The ones I have appreciated:

Clear Creek shocked me all around after a visit last May for the 1st time after 2 trips.

Nautoloid is a naturalist wonder if you don't mind carrying a bucket of water.

National may be one of my favorite day hikes of all time.

If winter time Granite Park offers exploration for multiple days. I found the most fossils in that area of any trip so far after exploring "off-trail".


In all honesty....the GC offers plenty of options for impromptu exploring without a plan. After 2 trips I have never been to Havasu and never plan on it from the bottom. Winter was rainy and cold and the summer crowds were epic at the mouth. Deer Creek made Havasu look empty last May but I hate crowds. 

Some of my favorite memories were unexpected discoveries from camp explorations. The nooks and crannies provide as much opportunity as the well known landmarks.

Enjoy.

Phillip


----------



## buckmanriver (Apr 2, 2008)

*life time of hikes*

Keep in mind when reading the books that it takes many trips to scratch the surface of the gem hikes. 

For your first trip I would recommend the short off the river hikes listed in the Tom Martin river guide. There is more than enough to blow your mind day after day. 

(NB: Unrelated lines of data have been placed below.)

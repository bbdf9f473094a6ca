-- ===== src/Kafka/AclHandlers.antt =====
-- internal/provider/resource_kafka_acl.go: the handlers of the resource. A handler takes and returns
-- the resource's data; setting an attribute to a text does not fail, and is no error here.
use terraform_provider_confl.Base.{
  Bool, true, false, not, ◌&&◌, Option, none, some, List, [], ◌∷◌, if◌then◌else◌,
}
use terraform_provider_confl.Http.{status_not_found, response_has_expected_status_code}
use terraform_provider_confl.Http.Descriptive.{ApiError}
use terraform_provider_confl.Wait.{Call}
use terraform_provider_confl.Kafka.{Text}
use terraform_provider_confl.Kafka.Settings.{
  Provider, Blocks, Setting, given, missing, Environment, extract_kafka_cluster_id,
  extract_rest_endpoint, extract_cluster_api_key_and_api_secret,
}
use terraform_provider_confl.Kafka.Acl.{
  AclResourceType, Acl, AclError, Read, ok, error, string_to_acl_resource_type, with_type,
  create_kafka_acl_id, read_id,
}

-- `schema.ResourceData`
pub record Data : Type 0 where
  pub id : Text
  pub is_new_resource : Bool
  pub resource_type : Text
  pub resource_name : Text
  pub pattern_type : Text
  pub principal : Text
  pub host : Text
  pub operation : Text
  pub permission : Text
  pub blocks : Blocks

-- `KafkaRestClient`
pub record KafkaRestClient : Type 0 where
  pub rest_endpoint : Text
  pub cluster_id : Text
  pub cluster_api_key : Text
  pub cluster_api_secret : Text
  pub is_cluster_id_set_in_provider_block : Bool
  pub is_metadata_set_in_provider_block : Bool

-- The ACL calls of the Kafka REST API.
pub record AclApi : Type 0 where
  pub type_text : AclResourceType → Text
  pub create : KafkaRestClient → Acl → Call (Unit {0})
  pub read : KafkaRestClient → Acl → Call (List Acl)
  pub delete : KafkaRestClient → Acl → Call (Unit {0})

pub data HandlerError : Type 0 where
  api : ApiError → HandlerError
  setting_missing no_acls_matched multiple_acls_matched only_credentials_can_be_updated :
      HandlerError
  acl_error : AclError → HandlerError

-- The error that a handler reports, and the data as it leaves it.
abbrev pub Handled : Type 0
Handled = Option HandlerError × Data

unfoldable pub extract_acl : Data → Read Acl
unfolding string_to_acl_resource_type
extract_acl d =
    with_type d.resource_name d.pattern_type d.principal d.host d.operation d.permission
      (string_to_acl_resource_type d.resource_type)

unfoldable pub set_id : Text → Data → Data
set_id id d = record {
  id = id;
  is_new_resource = d.is_new_resource;
  resource_type = d.resource_type;
  resource_name = d.resource_name;
  pattern_type = d.pattern_type;
  principal = d.principal;
  host = d.host;
  operation = d.operation;
  permission = d.permission;
  blocks = d.blocks;
}

-- The blocks after a read: what the provider block sets is not copied into the resource.
unfoldable pub set_blocks : Provider → KafkaRestClient → Blocks → Blocks
set_blocks client c blocks = record {
  cluster_id =
      if not c.is_cluster_id_set_in_provider_block then c.cluster_id else blocks.cluster_id;
  rest_endpoint =
      if not c.is_metadata_set_in_provider_block then c.rest_endpoint else blocks.rest_endpoint;
  api_key =
      if not c.is_metadata_set_in_provider_block && not client.is_oauth_enabled
      then c.cluster_api_key
      else blocks.api_key;
  api_secret =
      if not c.is_metadata_set_in_provider_block && not client.is_oauth_enabled
      then c.cluster_api_secret
      else blocks.api_secret;
}

module _ (world : AclApi) (env : Environment) (client : Provider) where
  unfoldable pub set_attributes : KafkaRestClient → Acl → Acl → Data → Data
  unfolding set_blocks create_kafka_acl_id
  set_attributes c acl matched_acl d = record {
    id = create_kafka_acl_id world.type_text c.cluster_id acl;
    is_new_resource = d.is_new_resource;
    resource_type = world.type_text matched_acl.resource_type;
    resource_name = matched_acl.resource_name;
    pattern_type = matched_acl.pattern_type;
    principal = acl.principal;
    host = matched_acl.host;
    operation = matched_acl.operation;
    permission = matched_acl.permission;
    blocks = set_blocks client c d.blocks;
  }

  unfoldable pub matched : KafkaRestClient → Acl → Data → List Acl → Handled
  unfolding set_attributes set_id
  matched c acl d [] =
      if not d.is_new_resource then (none, set_id [] d) else (some no_acls_matched, d)
  matched c acl d (matched_acl ∷ []) = (none, set_attributes c acl matched_acl d)
  matched c acl d (_ ∷ _ ∷ _) = (some multiple_acls_matched, d)

  unfoldable pub read_acl_and_set_attributes : KafkaRestClient → Acl → Data → Handled
  unfolding matched set_id response_has_expected_status_code
  read_acl_and_set_attributes c acl d =
      let remote_acls = world.read c acl in
      elim remote_acls.err [
        | some err ↦
            if response_has_expected_status_code remote_acls.resp status_not_found
              && not d.is_new_resource
            then (none, set_id [] d)
            else (some (api err), d)
        | none ↦ matched c acl d remote_acls.value
      ]

  abbrev pub rest_client : Text → Text → Text × Text → KafkaRestClient
  rest_client rest_endpoint cluster_id credentials = record {
    rest_endpoint = rest_endpoint;
    cluster_id = cluster_id;
    cluster_api_key = credentials.0;
    cluster_api_secret = credentials.1;
    is_cluster_id_set_in_provider_block = client.is_kafka_cluster_id_set;
    is_metadata_set_in_provider_block = client.is_kafka_metadata_set;
  }

  abbrev pub need {ℓ} : {A : Type ℓ} → Data → Setting A → (A → Handled) → Handled
  need d (given a) next = next a
  need d missing next = (some setting_missing, d)

  abbrev pub need_acl : Data → Read Acl → (Acl → Handled) → Handled
  need_acl d (ok acl) next = next acl
  need_acl d (error e) next = (some (acl_error e), d)

  unfoldable pub kafka_acl_read : Data → Handled
  unfolding extract_rest_endpoint extract_kafka_cluster_id extract_cluster_api_key_and_api_secret
      extract_acl read_acl_and_set_attributes
  kafka_acl_read d = need d (extract_rest_endpoint env client d.blocks false) (λ rest_endpoint.
      need d (extract_kafka_cluster_id env client d.blocks false) (λ cluster_id.
        need d (extract_cluster_api_key_and_api_secret env client d.blocks false) (λ credentials.
          need_acl d (extract_acl d) (λ acl.
            read_acl_and_set_attributes (rest_client rest_endpoint cluster_id credentials) acl d))))

  unfoldable pub kafka_acl_create : Data → Handled
  unfolding extract_rest_endpoint extract_kafka_cluster_id extract_cluster_api_key_and_api_secret
      extract_acl kafka_acl_read set_id create_kafka_acl_id
  kafka_acl_create d = need d (extract_rest_endpoint env client d.blocks false) (λ rest_endpoint.
      need d (extract_kafka_cluster_id env client d.blocks false) (λ cluster_id.
        need d (extract_cluster_api_key_and_api_secret env client d.blocks false) (λ credentials.
          need_acl d (extract_acl d) (λ acl.
            elim (world.create (rest_client rest_endpoint cluster_id credentials) acl).err [
              | some err ↦ (some (api err), d)
              | none ↦
                  kafka_acl_read (set_id (create_kafka_acl_id world.type_text cluster_id acl) d)
            ]))))

  -- The error of the credentials is overwritten: without them they are empty.
  abbrev credentials_or_empty : Setting (Text × Text) → Text × Text
  credentials_or_empty (given credentials) = credentials
  credentials_or_empty missing = ([], [])

  unfoldable pub kafka_acl_delete : Data → Handled
  unfolding extract_rest_endpoint extract_kafka_cluster_id extract_cluster_api_key_and_api_secret
      extract_acl
  kafka_acl_delete d = need d (extract_rest_endpoint env client d.blocks false) (λ rest_endpoint.
      need d (extract_kafka_cluster_id env client d.blocks false) (λ cluster_id.
        need_acl d (extract_acl d) (λ acl.
          elim (world.delete
            (rest_client rest_endpoint cluster_id (
              credentials_or_empty
                (extract_cluster_api_key_and_api_secret env client d.blocks false)))
            acl).err [ some err ↦ (some (api err), d) | none ↦ (none, d) ])))

  -- `has_changes` is `d.HasChangesExcept(paramCredentials)`.
  unfoldable pub kafka_acl_update : (has_changes : Bool) → Data → Handled
  unfolding kafka_acl_read
  kafka_acl_update has_changes d =
      if has_changes then (some only_credentials_can_be_updated, d) else kafka_acl_read d

  unfoldable pub mark_new_resource : Data → Data
  mark_new_resource d = record {
    id = d.id;
    is_new_resource = true;
    resource_type = d.resource_type;
    resource_name = d.resource_name;
    pattern_type = d.pattern_type;
    principal = d.principal;
    host = d.host;
    operation = d.operation;
    permission = d.permission;
    blocks = d.blocks;
  }

  abbrev pub need_id : Data → Read (Text × Acl) → (Text × Acl → Handled) → Handled
  need_id d (ok p) next = next p
  need_id d (error e) next = (some (acl_error e), d)

  unfoldable pub kafka_acl_import : Data → Handled
  unfolding extract_rest_endpoint extract_cluster_api_key_and_api_secret read_id mark_new_resource
      read_acl_and_set_attributes
  kafka_acl_import d = need d (extract_rest_endpoint env client d.blocks true) (λ rest_endpoint.
      need d (extract_cluster_api_key_and_api_secret env client d.blocks true) (λ credentials.
        need_id d (read_id d.id) (λ named.
          read_acl_and_set_attributes (rest_client rest_endpoint named.0 credentials) named.1
            (mark_new_resource d))))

A personal favorite of mine in the upper upper elves chasm. 

Have a good trip.


----------



## akorte (Apr 12, 2011)

wildh2onriver said:


> A gem that few know about: Kanab Creek up to whispering falls. A beautiful alcove with a very nice pool and plenty of shade. The dripping falls rain down and add to this experience.
> 
> It's been 15 years since I've been there, so hopefully it's still there as described. Anybody been there recently?
> 
> ...


I was there on a backpacking trip about 5 years ago, and Kanab is spectacular. It would be a push from the river in a day, but above the Slide of Susurrus there is another great side canyon called Scotty's Hollow if I remember correctly (I think Scotty's Hollow is even out of the park boundaries). 

I would also suggest the Thunder River/ Deer Creek hike. Hop out at Tapeats creek, hike up and over through surprise valley, and meet up with the boats at Deer Creek. It's pretty near Kanab, so it might be tough to do both.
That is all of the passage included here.